Scan the entries below for the string "true" and copy every line where it turns up.

[[ Available data, beginning ]]

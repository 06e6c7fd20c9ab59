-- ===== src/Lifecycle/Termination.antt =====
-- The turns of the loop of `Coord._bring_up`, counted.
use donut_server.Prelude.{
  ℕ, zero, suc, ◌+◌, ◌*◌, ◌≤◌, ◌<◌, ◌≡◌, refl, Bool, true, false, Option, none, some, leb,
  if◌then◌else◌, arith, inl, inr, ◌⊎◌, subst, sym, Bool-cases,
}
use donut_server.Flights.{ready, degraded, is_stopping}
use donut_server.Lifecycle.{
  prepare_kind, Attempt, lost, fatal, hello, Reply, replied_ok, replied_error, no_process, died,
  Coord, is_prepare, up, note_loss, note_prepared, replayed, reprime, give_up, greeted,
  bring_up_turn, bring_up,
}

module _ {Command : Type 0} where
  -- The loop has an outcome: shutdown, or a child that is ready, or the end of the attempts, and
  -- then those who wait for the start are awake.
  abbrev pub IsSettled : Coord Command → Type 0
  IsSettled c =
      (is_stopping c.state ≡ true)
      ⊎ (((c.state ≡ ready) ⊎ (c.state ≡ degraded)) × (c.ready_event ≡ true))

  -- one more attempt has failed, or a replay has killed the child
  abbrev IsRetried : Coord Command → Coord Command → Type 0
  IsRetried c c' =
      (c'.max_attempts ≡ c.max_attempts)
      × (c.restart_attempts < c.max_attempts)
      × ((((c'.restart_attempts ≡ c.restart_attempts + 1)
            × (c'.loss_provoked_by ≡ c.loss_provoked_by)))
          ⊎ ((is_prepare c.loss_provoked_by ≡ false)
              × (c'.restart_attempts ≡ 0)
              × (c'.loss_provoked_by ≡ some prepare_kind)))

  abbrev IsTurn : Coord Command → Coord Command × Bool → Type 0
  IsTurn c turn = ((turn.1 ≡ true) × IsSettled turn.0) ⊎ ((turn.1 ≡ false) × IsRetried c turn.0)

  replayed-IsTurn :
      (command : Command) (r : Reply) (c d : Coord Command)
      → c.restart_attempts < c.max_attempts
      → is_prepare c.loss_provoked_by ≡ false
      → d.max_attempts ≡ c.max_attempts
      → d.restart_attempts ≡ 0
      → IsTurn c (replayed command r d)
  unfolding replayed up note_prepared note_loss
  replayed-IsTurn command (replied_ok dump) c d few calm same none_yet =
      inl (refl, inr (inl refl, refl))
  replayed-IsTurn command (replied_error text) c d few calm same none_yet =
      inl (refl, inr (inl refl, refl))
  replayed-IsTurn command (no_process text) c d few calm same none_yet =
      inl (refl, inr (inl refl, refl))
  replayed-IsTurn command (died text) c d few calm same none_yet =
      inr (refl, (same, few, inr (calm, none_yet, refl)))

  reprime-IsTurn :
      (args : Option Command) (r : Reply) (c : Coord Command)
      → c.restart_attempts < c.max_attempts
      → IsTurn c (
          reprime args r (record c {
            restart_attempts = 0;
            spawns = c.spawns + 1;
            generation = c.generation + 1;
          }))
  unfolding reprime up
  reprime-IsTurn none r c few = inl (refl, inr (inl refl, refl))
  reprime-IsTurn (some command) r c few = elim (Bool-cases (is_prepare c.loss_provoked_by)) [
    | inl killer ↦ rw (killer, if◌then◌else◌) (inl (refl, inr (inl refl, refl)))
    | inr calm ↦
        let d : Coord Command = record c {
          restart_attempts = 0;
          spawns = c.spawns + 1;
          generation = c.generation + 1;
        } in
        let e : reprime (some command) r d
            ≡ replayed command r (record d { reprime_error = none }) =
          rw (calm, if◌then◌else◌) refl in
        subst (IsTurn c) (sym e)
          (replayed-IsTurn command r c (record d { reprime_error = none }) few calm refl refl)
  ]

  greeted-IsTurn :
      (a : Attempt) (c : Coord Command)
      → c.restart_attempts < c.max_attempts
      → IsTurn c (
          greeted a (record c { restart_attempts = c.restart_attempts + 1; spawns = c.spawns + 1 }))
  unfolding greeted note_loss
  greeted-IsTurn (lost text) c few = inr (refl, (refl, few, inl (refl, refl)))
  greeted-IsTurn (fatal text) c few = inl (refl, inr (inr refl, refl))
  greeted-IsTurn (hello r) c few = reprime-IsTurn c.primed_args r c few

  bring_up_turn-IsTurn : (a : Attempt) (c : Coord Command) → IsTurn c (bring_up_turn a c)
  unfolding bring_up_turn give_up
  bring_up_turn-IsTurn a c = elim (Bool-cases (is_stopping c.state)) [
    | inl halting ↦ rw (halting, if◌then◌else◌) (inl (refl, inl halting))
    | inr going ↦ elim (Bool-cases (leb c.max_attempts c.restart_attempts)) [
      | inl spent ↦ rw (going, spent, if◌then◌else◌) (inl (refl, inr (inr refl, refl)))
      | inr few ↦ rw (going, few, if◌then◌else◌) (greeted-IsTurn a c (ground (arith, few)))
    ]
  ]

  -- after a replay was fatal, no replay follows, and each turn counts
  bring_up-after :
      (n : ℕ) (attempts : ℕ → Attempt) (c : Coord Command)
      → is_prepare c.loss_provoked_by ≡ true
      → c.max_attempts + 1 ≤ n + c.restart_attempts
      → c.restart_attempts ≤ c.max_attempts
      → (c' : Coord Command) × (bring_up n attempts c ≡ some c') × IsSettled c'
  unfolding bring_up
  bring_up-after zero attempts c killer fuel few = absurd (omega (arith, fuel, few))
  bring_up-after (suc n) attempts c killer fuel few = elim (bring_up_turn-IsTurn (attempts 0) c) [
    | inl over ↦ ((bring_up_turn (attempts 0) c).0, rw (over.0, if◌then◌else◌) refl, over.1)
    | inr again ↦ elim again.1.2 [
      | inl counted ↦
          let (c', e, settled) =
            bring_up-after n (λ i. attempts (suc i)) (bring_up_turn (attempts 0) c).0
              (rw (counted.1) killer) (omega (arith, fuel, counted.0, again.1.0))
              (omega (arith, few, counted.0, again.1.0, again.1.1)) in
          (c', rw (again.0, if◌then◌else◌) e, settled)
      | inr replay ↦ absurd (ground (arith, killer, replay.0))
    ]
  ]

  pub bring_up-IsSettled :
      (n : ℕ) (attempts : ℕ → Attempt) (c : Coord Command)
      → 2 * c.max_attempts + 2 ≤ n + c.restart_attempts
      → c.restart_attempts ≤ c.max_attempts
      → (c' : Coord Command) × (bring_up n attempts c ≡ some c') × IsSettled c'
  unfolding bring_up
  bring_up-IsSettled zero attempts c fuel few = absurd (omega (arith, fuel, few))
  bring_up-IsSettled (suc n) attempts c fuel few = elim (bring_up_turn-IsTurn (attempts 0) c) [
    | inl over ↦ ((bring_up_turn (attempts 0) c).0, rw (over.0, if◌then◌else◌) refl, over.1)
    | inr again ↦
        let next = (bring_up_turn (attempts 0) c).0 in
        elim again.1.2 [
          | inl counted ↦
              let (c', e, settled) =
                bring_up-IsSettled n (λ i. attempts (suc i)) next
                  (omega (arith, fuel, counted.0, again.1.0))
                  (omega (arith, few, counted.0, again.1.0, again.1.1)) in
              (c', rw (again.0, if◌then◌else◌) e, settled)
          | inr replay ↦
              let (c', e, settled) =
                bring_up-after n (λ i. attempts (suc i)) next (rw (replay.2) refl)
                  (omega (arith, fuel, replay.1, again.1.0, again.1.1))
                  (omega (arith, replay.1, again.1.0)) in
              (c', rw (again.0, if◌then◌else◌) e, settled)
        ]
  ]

[[ Available data, end ]]
[[ Available data, beginning ]]

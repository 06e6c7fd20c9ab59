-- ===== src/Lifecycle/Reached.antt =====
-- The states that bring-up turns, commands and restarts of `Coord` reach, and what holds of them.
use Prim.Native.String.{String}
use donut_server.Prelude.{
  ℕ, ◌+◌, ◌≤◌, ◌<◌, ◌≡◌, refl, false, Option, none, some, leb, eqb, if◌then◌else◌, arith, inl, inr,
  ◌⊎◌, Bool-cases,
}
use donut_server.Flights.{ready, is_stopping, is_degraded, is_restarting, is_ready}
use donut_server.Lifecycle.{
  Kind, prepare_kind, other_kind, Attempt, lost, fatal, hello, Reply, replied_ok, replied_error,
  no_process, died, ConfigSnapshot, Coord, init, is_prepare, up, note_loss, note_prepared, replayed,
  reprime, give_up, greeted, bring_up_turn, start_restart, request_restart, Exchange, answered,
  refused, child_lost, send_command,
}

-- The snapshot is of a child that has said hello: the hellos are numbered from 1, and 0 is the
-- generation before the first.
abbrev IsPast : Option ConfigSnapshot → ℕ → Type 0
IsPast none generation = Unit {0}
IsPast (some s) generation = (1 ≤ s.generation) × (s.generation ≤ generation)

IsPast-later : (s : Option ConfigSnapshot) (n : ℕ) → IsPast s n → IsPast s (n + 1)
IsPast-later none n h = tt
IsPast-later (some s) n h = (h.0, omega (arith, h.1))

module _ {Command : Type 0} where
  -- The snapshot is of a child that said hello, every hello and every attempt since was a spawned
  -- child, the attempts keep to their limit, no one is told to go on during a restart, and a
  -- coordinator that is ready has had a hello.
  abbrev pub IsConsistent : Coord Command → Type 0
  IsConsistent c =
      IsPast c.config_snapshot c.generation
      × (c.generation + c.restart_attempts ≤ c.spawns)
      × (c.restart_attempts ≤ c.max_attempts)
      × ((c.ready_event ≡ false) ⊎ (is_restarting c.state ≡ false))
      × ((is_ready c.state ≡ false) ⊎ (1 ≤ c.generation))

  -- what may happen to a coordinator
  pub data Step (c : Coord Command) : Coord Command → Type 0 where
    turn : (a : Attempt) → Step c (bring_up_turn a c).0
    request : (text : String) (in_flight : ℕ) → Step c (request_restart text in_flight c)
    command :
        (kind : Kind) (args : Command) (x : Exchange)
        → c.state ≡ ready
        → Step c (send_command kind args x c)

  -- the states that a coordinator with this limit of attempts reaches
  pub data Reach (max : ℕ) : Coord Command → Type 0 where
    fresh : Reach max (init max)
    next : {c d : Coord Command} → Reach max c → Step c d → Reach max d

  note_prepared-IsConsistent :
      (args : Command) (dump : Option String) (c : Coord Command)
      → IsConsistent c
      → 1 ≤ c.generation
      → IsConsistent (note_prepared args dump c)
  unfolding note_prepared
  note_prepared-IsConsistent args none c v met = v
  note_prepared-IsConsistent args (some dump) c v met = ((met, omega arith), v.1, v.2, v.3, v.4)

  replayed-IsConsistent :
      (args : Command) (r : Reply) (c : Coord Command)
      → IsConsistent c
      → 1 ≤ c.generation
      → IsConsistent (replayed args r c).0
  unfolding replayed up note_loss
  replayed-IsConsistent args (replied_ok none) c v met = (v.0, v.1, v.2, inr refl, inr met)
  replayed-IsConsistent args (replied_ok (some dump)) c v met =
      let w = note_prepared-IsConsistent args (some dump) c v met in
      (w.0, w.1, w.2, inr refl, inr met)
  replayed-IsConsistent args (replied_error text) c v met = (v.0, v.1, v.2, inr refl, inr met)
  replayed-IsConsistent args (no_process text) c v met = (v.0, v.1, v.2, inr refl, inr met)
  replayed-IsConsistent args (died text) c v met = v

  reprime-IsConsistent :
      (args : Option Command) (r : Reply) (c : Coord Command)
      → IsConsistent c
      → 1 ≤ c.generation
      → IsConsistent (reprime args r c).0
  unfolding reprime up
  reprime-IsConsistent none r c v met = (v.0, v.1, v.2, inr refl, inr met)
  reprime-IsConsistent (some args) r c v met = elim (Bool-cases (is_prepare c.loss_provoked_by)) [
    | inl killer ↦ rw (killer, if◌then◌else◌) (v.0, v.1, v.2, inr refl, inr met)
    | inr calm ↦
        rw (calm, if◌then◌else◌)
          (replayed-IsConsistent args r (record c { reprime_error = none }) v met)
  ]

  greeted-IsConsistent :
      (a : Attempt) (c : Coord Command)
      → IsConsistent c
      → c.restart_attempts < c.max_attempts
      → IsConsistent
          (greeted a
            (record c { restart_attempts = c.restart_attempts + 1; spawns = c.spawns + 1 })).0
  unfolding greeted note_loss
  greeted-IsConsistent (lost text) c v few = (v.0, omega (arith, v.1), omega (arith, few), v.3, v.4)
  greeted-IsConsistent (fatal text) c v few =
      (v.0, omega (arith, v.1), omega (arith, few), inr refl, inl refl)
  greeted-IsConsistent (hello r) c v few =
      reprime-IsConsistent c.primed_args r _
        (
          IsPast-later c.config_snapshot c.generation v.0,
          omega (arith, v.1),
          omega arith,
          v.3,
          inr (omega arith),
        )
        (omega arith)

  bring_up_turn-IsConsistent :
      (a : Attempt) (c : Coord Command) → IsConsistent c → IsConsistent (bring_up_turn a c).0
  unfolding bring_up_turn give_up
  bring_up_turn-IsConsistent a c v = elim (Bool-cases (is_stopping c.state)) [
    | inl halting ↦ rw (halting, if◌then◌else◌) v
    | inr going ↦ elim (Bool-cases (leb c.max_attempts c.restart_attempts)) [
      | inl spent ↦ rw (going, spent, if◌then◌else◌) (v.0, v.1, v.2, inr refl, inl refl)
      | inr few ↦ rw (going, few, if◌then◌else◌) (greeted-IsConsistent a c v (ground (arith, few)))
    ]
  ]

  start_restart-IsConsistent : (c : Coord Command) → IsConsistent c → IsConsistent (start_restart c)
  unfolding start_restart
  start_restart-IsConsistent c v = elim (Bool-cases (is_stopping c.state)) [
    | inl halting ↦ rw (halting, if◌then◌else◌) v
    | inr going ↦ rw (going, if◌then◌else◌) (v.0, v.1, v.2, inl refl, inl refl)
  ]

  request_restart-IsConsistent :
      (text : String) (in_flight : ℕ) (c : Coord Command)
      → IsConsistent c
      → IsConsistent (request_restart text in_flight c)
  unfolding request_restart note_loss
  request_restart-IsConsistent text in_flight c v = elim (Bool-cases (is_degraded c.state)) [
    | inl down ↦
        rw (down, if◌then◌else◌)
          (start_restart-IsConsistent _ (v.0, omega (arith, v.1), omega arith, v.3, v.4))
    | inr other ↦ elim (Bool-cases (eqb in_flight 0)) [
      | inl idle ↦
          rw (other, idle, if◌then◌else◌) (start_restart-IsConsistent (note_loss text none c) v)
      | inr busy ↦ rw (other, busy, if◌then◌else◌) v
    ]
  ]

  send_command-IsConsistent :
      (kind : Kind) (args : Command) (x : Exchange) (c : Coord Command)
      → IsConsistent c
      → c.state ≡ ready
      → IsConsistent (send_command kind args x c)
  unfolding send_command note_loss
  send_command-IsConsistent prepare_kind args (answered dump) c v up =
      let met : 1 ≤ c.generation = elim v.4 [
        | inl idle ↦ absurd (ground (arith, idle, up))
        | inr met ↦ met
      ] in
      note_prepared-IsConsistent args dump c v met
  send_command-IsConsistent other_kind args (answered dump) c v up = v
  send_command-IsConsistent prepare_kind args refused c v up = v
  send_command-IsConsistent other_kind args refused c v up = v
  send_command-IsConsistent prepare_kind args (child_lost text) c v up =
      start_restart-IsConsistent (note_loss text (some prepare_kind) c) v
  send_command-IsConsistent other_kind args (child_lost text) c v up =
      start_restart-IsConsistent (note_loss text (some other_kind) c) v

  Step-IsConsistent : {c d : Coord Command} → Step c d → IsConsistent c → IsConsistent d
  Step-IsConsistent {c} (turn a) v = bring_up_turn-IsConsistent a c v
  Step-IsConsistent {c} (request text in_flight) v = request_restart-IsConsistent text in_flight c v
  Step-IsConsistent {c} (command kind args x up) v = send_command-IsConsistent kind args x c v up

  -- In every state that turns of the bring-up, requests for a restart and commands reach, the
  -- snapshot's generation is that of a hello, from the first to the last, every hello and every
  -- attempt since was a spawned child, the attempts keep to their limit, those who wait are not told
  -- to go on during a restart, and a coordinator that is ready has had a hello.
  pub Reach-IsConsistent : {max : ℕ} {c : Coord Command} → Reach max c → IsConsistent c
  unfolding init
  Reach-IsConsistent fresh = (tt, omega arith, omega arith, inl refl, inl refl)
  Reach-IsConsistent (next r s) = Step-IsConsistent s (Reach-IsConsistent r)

[[ Available data, end ]]
[[ Available data, beginning ]]

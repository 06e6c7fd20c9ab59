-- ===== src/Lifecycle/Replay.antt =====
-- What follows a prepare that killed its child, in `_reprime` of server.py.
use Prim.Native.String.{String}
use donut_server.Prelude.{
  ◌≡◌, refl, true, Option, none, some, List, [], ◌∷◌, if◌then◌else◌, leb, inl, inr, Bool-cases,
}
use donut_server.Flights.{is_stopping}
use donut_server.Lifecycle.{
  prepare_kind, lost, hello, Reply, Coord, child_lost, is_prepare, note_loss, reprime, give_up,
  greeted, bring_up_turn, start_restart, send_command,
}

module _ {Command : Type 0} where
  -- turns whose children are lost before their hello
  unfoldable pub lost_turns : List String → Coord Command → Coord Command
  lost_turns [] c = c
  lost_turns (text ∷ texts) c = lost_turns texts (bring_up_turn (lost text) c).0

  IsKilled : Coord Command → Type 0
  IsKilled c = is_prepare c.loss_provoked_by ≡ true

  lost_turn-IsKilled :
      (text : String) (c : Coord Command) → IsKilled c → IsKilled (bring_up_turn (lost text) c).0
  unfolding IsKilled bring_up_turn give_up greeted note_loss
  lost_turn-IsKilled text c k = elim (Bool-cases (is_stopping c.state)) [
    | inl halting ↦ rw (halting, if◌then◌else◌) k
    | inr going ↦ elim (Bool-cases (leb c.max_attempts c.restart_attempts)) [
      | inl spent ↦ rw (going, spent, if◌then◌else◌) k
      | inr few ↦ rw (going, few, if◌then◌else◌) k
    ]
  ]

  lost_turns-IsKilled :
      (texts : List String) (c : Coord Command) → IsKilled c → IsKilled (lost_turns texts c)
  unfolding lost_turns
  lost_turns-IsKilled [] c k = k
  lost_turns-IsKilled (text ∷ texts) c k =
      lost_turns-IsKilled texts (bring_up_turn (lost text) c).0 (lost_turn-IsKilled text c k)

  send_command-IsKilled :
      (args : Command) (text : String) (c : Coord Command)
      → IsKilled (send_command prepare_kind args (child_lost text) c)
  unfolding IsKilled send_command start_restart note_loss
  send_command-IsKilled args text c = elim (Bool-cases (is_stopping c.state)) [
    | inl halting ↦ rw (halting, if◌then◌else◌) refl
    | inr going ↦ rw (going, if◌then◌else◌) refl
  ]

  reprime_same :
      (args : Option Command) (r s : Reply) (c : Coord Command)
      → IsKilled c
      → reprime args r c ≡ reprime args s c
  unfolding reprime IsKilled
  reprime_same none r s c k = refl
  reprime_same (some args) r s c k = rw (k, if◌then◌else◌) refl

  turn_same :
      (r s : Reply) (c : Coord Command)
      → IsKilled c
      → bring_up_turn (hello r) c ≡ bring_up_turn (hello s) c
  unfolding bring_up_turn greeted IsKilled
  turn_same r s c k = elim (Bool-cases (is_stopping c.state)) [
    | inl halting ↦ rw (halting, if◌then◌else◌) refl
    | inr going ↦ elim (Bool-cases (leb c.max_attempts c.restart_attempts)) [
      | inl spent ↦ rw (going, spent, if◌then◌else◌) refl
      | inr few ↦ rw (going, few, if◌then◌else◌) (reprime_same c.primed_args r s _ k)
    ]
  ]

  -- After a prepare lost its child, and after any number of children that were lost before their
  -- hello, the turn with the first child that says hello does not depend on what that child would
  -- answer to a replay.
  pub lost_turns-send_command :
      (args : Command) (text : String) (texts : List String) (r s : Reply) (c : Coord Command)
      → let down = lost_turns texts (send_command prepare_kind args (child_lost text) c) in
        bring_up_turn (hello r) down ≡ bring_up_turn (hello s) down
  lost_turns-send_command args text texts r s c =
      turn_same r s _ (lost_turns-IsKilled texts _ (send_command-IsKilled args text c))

[[ Available data, end ]]

**Task solution**.
  ℕ, zero, suc, ◌+◌, ◌*◌, ◌≤◌, ◌<◌, ◌≡◌, refl, Bool, true, false, Option, none, some, leb,
      (is_stopping c.state ≡ true)
      ⊎ (((c.state ≡ ready) ⊎ (c.state ≡ degraded)) × (c.ready_event ≡ true))
  IsTurn c turn = ((turn.1 ≡ true) × IsSettled turn.0) ⊎ ((turn.1 ≡ false) × IsRetried c turn.0)
      → is_prepare c.loss_provoked_by ≡ true
  ◌≡◌, refl, true, Option, none, some, List, [], ◌∷◌, if◌then◌else◌, leb, inl, inr, Bool-cases,
  IsKilled c = is_prepare c.loss_provoked_by ≡ true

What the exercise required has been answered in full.